If the size of the struct is not a multiple of n, then in an array of those structs, padding will be inserted to ensure each struct is properly aligned. To choose a proper value for n, you want to minimize the amount of padding required (and this will vary if you’re on a 32-bit or 64-bit machine).
This usually crops up with 2D arrays, which are more efficient if width-padded to a multiple of the warp size.
- For 2D array memory accesses to be fully coalesced, both the width of the thread block and the width of the array must be a multiple of the warp size.
Note: it’s a tradeoff between wasting padded memory that isn’t used and not have eccessive memory loads.

Tip

For more on this, read the dedicated section on device memory accesses in the CUDA programming guide.

Coalescence:#

Global-memory coalescence#

Global (and local*) memory requests must be coalesced—falling into the same 128-byte wide+aligned window (for all modern capabilities)—or they will require multiple instructions.
A coalesced memory transaction is one in which all of the threads in a half-warp access global memory at the same time. This is oversimplified, but coalescence occurs when consecutive threads access consecutive memory addresses.

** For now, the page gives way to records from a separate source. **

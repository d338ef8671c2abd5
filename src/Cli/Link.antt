-- ===== src/Cli/Link.antt =====
-- What the programs of crates/otap-cli have in common: two drivers with one key, a fabric of random
-- rotations, and the completions that are polled at the end.
use otap_signup_validator.Common.{
  ℕ, suc, ◌-◌, ◌≤◌, ◌≡◌, ◌∙◌, refl, arith, ap, List, [], ◌∷◌, map, length, drop, true, false,
}
use otap_signup_validator.Core.Float.{Float32}
use otap_signup_validator.Core.Dimensions.{Wavelength}
use otap_signup_validator.Crypto.Hmac.{Hmac}
use otap_signup_validator.Schema.Registry.{AnySchemaValue}
use otap_signup_validator.Codec.Encoder.{Encoder}
use otap_signup_validator.Codec.Decoder.{Decoder}
use otap_signup_validator.Obg.Queues.{
  new_send_queue, Completion, CompletionQueue, new_completion_queue, poll,
}
use otap_signup_validator.Crypto.Secret.{new_secret}
use otap_signup_validator.Common.Int.{pos}
use otap_signup_validator.Csr.Writer.{milliradians}
use otap_signup_validator.Obg.Arm.{arm_ctrl}
use otap_signup_validator.Obg.Armed.{tolerance_of}
use otap_signup_validator.Obg.Driver.{SoftDriver, auth_mode_of, driver_with}
use otap_signup_validator.Obg.QueueLaws.{push_run, push_run-new}
use otap_signup_validator.Obg.Loopback.{request_of, AllValues, queued}
use otap_signup_validator.Sim.{PoincareRotation, Trig, Rate, Channel, random_pmd}
use otap_signup_validator.Fabric.{Fabric, End, with_random_pmd, pump_a_to_b}
use otap_signup_validator.Fabric.Arrivals.{Clean, arrivals_through}
use otap_signup_validator.Fabric.Pump.{pump_lem}
use otap_signup_validator.Cli.{poll_all, drain_completions}

abbrev pub channel_40 : Wavelength
channel_40 = record { channel = 40 }

-- The driver of both ends, armed with a key and the topological mode.
abbrev pub armed_driver : (F : Type 0) ⦃fl : Float32 F⦄ → List ℕ → SoftDriver F
armed_driver F ⦃fl⦄ key =
    driver_with (new_secret key) channel_40
      (auth_mode_of (arm_ctrl true) (tolerance_of F (milliradians (fl.literal (pos 1) 2))))

poll_all-completions :
    (cs : List Completion) (capacity : ℕ)
    → poll_all (suc (length cs)) (record { completions = cs; capacity = capacity }) ≡ cs
unfolding poll_all poll
poll_all-completions [] capacity = refl
poll_all-completions (c ∷ cs) capacity = ap (λ rest. c ∷ rest) (poll_all-completions cs capacity)

drain_completions-completions : (cq : CompletionQueue) → drain_completions cq ≡ cq.completions
unfolding drain_completions
drain_completions-completions cq = poll_all-completions cq.completions cq.capacity

module _ {F : Type 0} ⦃fl : Float32 F⦄ ⦃hm : Hmac⦄ where
  length-arrivals_through :
      (m : PoincareRotation F) (dec : Decoder F) (xs : List (AnySchemaValue × ℕ)) (enc : Encoder)
      → length (arrivals_through m dec enc xs) ≡ length xs
  length-arrivals_through m dec [] enc = refl
  length-arrivals_through m dec (x ∷ xs) enc = ap suc (length-arrivals_through m dec xs _)

module _ (F D : Type 0) ⦃fl : Float32 F⦄ ⦃trig : Trig F⦄ ⦃rate : Rate F D⦄ ⦃hm : Hmac⦄ where
  random_pmd-Clean :
      (seed : ℕ)
      → rate.less rate.zero_rate rate.zero_rate ≡ false
      → Clean (random_pmd {F = F} {D = D} seed)
  unfolding random_pmd
  random_pmd-Clean seed h = h

  -- What the programs have from a pump: how many were delivered, and the completions.
  abbrev pub delivered_by : ℕ × Fabric F D × End F × End F → ℕ × List Completion
  delivered_by r = (r.0, drain_completions r.3.completions)

  pub delivered-pump_a_to_b :
      (xs : List (AnySchemaValue × ℕ)) (seed_ab seed_ba : ℕ) (w : Wavelength) (a b : SoftDriver F)
      → rate.less rate.zero_rate rate.zero_rate ≡ false
      → b.decoder.expected_wavelength ≡ a.encoder.wavelength
      → AllValues xs
      → length xs ≤ 64
      → delivered_by (
          pump_a_to_b
            (with_random_pmd {F = F} {D = D} seed_ab seed_ba)
            (record {
              driver = a;
              send = queued (map (request_of w) xs) 64;
              completions = new_completion_queue 0;
            })
            (record { driver = b; send = new_send_queue 0; completions = new_completion_queue 64 }))
        ≡ (
          length xs,
          arrivals_through (random_pmd {F = F} {D = D} seed_ab).pmd_rotation b.decoder a.encoder xs,
        )
  unfolding pump_a_to_b with_random_pmd
  delivered-pump_a_to_b xs seed_ab seed_ba w a b never bound h few =
      let cs =
        arrivals_through (random_pmd {F = F} {D = D} seed_ab).pmd_rotation b.decoder a.encoder xs in
      let size : length cs ≡ length xs = length-arrivals_through _ b.decoder xs a.encoder in
      let all_fit : length cs - 64 ≡ 0 = omega arith in
      ap (λ (r : ℕ × Channel F D × End F × End F). (r.0, drain_completions r.3.completions))
        (pump_lem xs (random_pmd {F = F} {D = D} seed_ab) 64 w a (new_completion_queue 0)
          (record { driver = b; send = new_send_queue 0; completions = new_completion_queue 64 })
          (random_pmd-Clean seed_ab never) bound h)
      ∙ ap (λ ys. (length xs, ys))
          (drain_completions-completions (push_run (new_completion_queue 64) cs)
            ∙ push_run-new 64 cs
            ∙ ap (λ n. drop n cs) all_fit)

*: the compiler will generally ensure that local memory use is coalesced

Shared-memory coalescence: Bank Distribution#

Similar, but different from global-memory coalescence. Shared memory is divided into banks (typically 32), where each bank can be accessed simultaneously.

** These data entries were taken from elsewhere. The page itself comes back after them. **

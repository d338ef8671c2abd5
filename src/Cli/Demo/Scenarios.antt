-- ===== src/Cli/Demo/Scenarios.antt =====
-- What the scenarios of crates/otap-cli/src/main.rs report.
use otap_signup_validator.Common.{
  ℕ, ◌+◌, ◌*◌, ◌^◌, ◌≡◌, ◌∙◌, refl, arith, ap, List, false, ok, ◌>>=◌, copy_from_slice, slice,
}
use otap_signup_validator.Core.Float.{Float32}
use otap_signup_validator.Core.Dimensions.{new_wavelength, new_micro}
use otap_signup_validator.Core.Transient.{Transient, new_transient}
use otap_signup_validator.Crypto.Hmac.{Hmac}
use otap_signup_validator.Crypto.Label.{test_from_label}
use otap_signup_validator.Crypto.Trajectory.{ascii}
use otap_signup_validator.Schema.EquityOrder.{
  EquityTradeOrder, IsOrder, order_oam_mode, encode_order, decode_order, side_from_u8, side_byte,
}
use otap_signup_validator.Schema.Registry.{order, decode_any, decode_as, resolve, as_equity_order}
use otap_signup_validator.Codec.Encoder.{Encoder, new_encoder, encode, encode_raw}
use otap_signup_validator.Codec.Decoder.{Decoder, DecodeReport, decode}
use otap_signup_validator.Codec.RoundTrip.{sent, verdict, report, decode_bound}
use otap_signup_validator.Sim.{PoincareRotation, Trig, Rate, identity, rotated, perfect, with_pmd}
use otap_signup_validator.Fabric.Arrivals.{Clean, transmit-Clean, decode-rotated}
use otap_signup_validator.Cli.Link.{channel_40}
use otap_signup_validator.Cli.Demo.{
  original_order, demo_pmd, tamper, decoder_match, decoder_topo, demo_main,
}

original_order-IsOrder : IsOrder original_order
unfolding original_order
original_order-IsOrder = record {
  symbol = record { size = refl; bytes = omega arith };
  quantity = omega arith;
  price_cents = omega arith;
  timestamp_ns = omega arith;
  client_order_id = omega arith;
  firm_uuid = record { size = refl; bytes = omega arith };
}

-- The order whose payload the adversary has changed: byte 8 is the highest of the quantity.
abbrev pub tampered_order : EquityTradeOrder
tampered_order = record original_order { quantity = 1000 + 0xff * 2 ^ 24 }

decode-tampered :
    {F : Type 0} (t : Transient F)
    → t.payload ≡ encode_order original_order
    → decode_any order_oam_mode (tamper t).payload ≡ ok (order tampered_order)
unfolding decode_any resolve decode_as decode_order side_from_u8 encode_order side_byte
    original_order copy_from_slice slice
decode-tampered t h = rw h refl

module _ (F D : Type 0) ⦃fl : Float32 F⦄ ⦃trig : Trig F⦄ ⦃rate : Rate F D⦄ ⦃hm : Hmac⦄
    (sha256 : List ℕ → List ℕ) where
  -- The encoder of the scenarios, before it sends the Transient with a sequence number.
  abbrev pub encoder_at : ℕ → Encoder
  encoder_at sequence = record {
    secret = test_from_label sha256 (ascii "alice-bob");
    next_sequence = sequence;
    wavelength = channel_40;
  }

  -- What is received with a sequence number through a rotation.
  abbrev pub received : PoincareRotation F → ℕ → Transient F
  received m sequence = rotated m (sent (encoder_at sequence) (order original_order))

  abbrev pub match_decoder : Decoder F
  match_decoder = decoder_match F (test_from_label sha256 (ascii "alice-bob")) channel_40

  abbrev pub topo_decoder : Decoder F
  topo_decoder = decoder_topo F (test_from_label sha256 (ascii "alice-bob")) channel_40

  -- The report of a decoder on a value with a sequence number.
  abbrev pub reported : Decoder F → Transient F → ℕ → EquityTradeOrder → DecodeReport
  reported dec t sequence o = record {
    value = order o;
    wavelength = channel_40;
    oam = order_oam_mode;
    micro = new_micro sequence;
    auth_ok = verdict dec t;
  }

  decode-received :
      (m : PoincareRotation F) (sequence : ℕ) (dec : Decoder F)
      → dec.expected_wavelength ≡ channel_40
      → decode dec (received m sequence)
        ≡ ok (reported dec (received m sequence) sequence original_order)
  decode-received m sequence dec bound =
      decode-rotated m (encoder_at sequence) dec (order original_order) original_order-IsOrder bound

  decode-tamper-received :
      (m : PoincareRotation F) (sequence : ℕ)
      → decode match_decoder (tamper (received m sequence))
        ≡ ok (reported match_decoder (tamper (received m sequence)) sequence tampered_order)
  unfolding encode_raw new_transient
  decode-tamper-received m sequence =
      decode_bound match_decoder (tamper (received m sequence)) refl
      ∙ ap (λ r. r >>= λ v. ok (report match_decoder (tamper (received m sequence)) v))
          (decode-tampered (received m sequence) refl)

  -- Where the zero error rate is not below itself, `main` runs through its scenarios without a panic.
  -- Over the clean and over the rotated channel all three reports are of the original order, with the
  -- sequence numbers 0 and 1. The payload whose byte 8 is changed decodes too, under the sequence
  -- number 2: to the order with 0xff in the highest byte of its quantity, so 4278191080 in place of
  -- 1000. The rotation and the change are left to the verdicts of the decoders.
  pub demo_main_lem :
      {E : Type 0}
      → rate.less rate.zero_rate rate.zero_rate ≡ false
      → demo_main F D sha256 {E = E}
        ≡ ok (record {
          clean = reported match_decoder (received identity 0) 0 original_order;
          clean_order = original_order;
          rotated_match = reported match_decoder (received (demo_pmd F) 1) 1 original_order;
          rotated_topo = reported topo_decoder (received (demo_pmd F) 1) 1 original_order;
          tampered = reported match_decoder (tamper (received identity 2)) 2 tampered_order;
          tampered_order = tampered_order;
        })
  unfolding demo_main new_wavelength encode encode_raw new_encoder perfect with_pmd as_equity_order
  demo_main_lem never =
      let clean : Clean (perfect {F = F} {D = D}) = never in
      let rotating : Clean (with_pmd {F = F} {D = D} (demo_pmd F)) = never in
      rw
        (
          transmit-Clean (perfect {F = F} {D = D}) (sent (encoder_at 0) (order original_order))
              clean,
          transmit-Clean (with_pmd {F = F} {D = D} (demo_pmd F))
              (sent (encoder_at 1) (order original_order)) rotating,
          transmit-Clean (perfect {F = F} {D = D}) (sent (encoder_at 2) (order original_order))
              clean,
          decode-received identity 0 match_decoder refl,
          decode-received (demo_pmd F) 1 match_decoder refl,
          decode-received (demo_pmd F) 1 topo_decoder refl,
          decode-tamper-received identity 2,
        )
        refl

Examples of memory access from nvidia.com

Nvidia.com: A) conflict-free, B) conflict depth 2, C) conflict-free, D) conflict-free, E) conflict-free, F) conflict-free

My impression is that most programmers rely on the compiler to sensibly structure bank accesses for temporary variables, but occasionally breaking into the “CUDA assembly” language PTX will yeild significant performance improvements.

The combination of coalescence and shared banks can cause an interesting interplay for certain problems. Consider:

Mx31 processor, array made of structs of 2 32-bit floats.
Coalescence would suggest padding the array to 32 wide when reading from global memory, but then once it resides in a shared memory with 32-bit strided banks, a warp of threads accessing the first of the pair of floats will cause bank conflicts of depth 2.
Shared memory would be better served by padding the array width to 31.5.

(the better solution might be to pull the struct apart…)

Texture-specific memory features:#

Optimized for 2d locality; can be faster than non-coalesced global/constant memory requests.
Ability to automatically cast 8/16-bit integers into [0,1] 32-bit floats.